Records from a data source

[Start of Attachment]

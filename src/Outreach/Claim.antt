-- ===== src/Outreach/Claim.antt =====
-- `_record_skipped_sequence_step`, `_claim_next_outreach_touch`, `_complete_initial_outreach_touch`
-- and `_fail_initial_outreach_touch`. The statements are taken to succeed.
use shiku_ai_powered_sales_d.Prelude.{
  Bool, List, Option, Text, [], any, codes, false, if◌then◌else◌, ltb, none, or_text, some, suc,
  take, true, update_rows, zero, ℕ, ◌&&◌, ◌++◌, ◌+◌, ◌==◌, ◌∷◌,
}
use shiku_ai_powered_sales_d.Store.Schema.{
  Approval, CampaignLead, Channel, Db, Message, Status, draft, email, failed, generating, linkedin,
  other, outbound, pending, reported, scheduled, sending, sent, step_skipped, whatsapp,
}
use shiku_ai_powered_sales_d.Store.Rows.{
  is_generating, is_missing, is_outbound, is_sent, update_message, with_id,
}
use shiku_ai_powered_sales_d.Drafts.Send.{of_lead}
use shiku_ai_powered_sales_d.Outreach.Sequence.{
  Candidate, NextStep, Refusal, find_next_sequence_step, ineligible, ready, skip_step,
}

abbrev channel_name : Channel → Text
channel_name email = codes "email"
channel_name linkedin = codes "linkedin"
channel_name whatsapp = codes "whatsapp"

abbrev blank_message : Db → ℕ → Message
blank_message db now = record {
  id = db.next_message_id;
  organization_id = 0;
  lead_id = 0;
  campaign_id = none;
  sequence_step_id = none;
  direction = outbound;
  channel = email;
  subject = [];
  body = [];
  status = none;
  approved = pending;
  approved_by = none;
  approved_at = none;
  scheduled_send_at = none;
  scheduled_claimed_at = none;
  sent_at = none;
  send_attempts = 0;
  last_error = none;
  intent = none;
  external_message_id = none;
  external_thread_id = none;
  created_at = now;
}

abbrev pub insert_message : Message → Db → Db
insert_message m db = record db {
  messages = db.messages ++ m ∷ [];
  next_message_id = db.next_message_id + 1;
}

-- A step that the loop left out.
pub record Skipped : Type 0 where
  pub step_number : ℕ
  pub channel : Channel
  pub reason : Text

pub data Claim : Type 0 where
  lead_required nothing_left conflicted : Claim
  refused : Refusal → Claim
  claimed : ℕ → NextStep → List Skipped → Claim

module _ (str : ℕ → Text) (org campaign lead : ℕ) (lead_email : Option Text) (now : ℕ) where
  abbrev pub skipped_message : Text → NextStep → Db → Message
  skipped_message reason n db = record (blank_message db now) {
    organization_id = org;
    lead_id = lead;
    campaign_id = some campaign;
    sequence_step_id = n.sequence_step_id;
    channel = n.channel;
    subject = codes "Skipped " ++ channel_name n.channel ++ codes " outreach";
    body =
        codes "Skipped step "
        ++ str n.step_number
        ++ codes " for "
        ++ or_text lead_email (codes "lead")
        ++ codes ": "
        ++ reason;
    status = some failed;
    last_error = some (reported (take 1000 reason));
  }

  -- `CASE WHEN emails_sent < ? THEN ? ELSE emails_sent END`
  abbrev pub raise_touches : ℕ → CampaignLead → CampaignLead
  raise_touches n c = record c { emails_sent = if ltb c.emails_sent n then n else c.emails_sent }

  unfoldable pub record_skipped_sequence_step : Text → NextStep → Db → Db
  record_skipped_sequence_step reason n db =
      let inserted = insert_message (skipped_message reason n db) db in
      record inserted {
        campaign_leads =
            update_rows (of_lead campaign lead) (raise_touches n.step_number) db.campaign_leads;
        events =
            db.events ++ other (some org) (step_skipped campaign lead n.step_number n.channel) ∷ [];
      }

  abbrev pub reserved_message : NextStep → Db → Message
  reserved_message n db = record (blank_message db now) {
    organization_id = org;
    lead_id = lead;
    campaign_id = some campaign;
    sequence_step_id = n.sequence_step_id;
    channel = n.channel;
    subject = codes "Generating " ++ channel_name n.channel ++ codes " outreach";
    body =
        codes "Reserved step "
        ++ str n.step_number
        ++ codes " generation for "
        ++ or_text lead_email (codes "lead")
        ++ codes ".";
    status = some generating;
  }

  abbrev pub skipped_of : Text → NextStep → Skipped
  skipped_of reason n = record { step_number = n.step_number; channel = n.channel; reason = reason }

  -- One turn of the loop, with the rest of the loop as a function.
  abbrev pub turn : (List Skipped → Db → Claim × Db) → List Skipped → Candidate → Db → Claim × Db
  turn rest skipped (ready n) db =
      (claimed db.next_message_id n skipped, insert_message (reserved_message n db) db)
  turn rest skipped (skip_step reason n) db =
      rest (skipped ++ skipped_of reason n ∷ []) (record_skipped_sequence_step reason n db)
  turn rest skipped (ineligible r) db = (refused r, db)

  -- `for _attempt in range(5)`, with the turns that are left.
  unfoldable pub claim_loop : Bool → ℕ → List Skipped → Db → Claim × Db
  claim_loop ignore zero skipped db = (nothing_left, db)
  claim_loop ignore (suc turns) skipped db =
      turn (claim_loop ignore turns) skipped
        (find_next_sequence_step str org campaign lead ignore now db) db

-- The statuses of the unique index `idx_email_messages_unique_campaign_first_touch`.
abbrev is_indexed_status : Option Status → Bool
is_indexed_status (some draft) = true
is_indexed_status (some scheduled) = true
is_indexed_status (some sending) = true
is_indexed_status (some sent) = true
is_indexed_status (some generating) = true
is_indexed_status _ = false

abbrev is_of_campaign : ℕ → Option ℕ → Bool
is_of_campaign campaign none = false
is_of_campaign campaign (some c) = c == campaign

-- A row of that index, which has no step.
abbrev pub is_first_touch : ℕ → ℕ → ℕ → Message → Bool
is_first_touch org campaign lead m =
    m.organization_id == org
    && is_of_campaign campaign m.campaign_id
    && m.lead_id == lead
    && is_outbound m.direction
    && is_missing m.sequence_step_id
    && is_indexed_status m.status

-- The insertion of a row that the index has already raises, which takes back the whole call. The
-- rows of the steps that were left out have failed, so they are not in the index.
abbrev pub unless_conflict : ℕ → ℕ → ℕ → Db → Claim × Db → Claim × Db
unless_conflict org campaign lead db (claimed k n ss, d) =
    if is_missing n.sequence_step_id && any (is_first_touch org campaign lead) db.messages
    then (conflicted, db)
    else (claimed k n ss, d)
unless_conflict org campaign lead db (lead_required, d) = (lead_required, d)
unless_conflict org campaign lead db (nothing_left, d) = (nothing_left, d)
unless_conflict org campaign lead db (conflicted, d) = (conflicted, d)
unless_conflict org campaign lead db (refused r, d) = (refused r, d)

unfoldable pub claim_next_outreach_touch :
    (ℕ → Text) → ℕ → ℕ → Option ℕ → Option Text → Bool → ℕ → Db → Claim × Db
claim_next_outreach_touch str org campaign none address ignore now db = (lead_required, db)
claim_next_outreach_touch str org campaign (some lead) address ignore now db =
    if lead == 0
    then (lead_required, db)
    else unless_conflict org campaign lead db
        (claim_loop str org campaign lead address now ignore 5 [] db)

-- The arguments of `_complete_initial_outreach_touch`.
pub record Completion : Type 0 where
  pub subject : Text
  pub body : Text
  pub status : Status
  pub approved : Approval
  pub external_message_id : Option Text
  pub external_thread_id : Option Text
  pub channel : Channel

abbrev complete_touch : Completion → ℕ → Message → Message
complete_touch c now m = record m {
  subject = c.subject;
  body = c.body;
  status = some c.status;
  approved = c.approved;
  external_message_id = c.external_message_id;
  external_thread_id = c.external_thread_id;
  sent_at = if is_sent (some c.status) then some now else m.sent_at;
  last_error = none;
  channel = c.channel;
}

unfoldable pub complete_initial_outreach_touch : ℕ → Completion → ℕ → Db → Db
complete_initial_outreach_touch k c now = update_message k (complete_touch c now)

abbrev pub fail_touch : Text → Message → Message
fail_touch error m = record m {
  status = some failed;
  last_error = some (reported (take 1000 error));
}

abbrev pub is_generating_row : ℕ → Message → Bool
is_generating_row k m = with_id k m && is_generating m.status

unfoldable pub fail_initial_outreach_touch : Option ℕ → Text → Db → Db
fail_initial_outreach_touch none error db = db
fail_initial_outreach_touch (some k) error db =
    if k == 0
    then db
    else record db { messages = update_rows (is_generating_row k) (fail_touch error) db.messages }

[End of Attachment]

TASK REQUIREMENTS
Repeat word for word the lines above that run from the line containing "(claimed db.next_message_id n" through the line containing "if is_missing n.sequence_step_id", both ends included, and nothing else.

SOLUTION FOR THIS TASK
      (claimed db.next_message_id n skipped, insert_message (reserved_message n db) db)
  turn rest skipped (skip_step reason n) db =
      rest (skipped ++ skipped_of reason n ∷ []) (record_skipped_sequence_step reason n db)
  turn rest skipped (ineligible r) db = (refused r, db)

  -- `for _attempt in range(5)`, with the turns that are left.
  unfoldable pub claim_loop : Bool → ℕ → List Skipped → Db → Claim × Db
  claim_loop ignore zero skipped db = (nothing_left, db)
  claim_loop ignore (suc turns) skipped db =
      turn (claim_loop ignore turns) skipped
        (find_next_sequence_step str org campaign lead ignore now db) db

-- The statuses of the unique index `idx_email_messages_unique_campaign_first_touch`.
abbrev is_indexed_status : Option Status → Bool
is_indexed_status (some draft) = true
is_indexed_status (some scheduled) = true
is_indexed_status (some sending) = true
is_indexed_status (some sent) = true
is_indexed_status (some generating) = true
is_indexed_status _ = false

abbrev is_of_campaign : ℕ → Option ℕ → Bool
is_of_campaign campaign none = false
is_of_campaign campaign (some c) = c == campaign

-- A row of that index, which has no step.
abbrev pub is_first_touch : ℕ → ℕ → ℕ → Message → Bool
is_first_touch org campaign lead m =
    m.organization_id == org
    && is_of_campaign campaign m.campaign_id
    && m.lead_id == lead
    && is_outbound m.direction
    && is_missing m.sequence_step_id
    && is_indexed_status m.status

-- The insertion of a row that the index has already raises, which takes back the whole call. The
-- rows of the steps that were left out have failed, so they are not in the index.
abbrev pub unless_conflict : ℕ → ℕ → ℕ → Db → Claim × Db → Claim × Db
unless_conflict org campaign lead db (claimed k n ss, d) =
    if is_missing n.sequence_step_id && any (is_first_touch org campaign lead) db.messages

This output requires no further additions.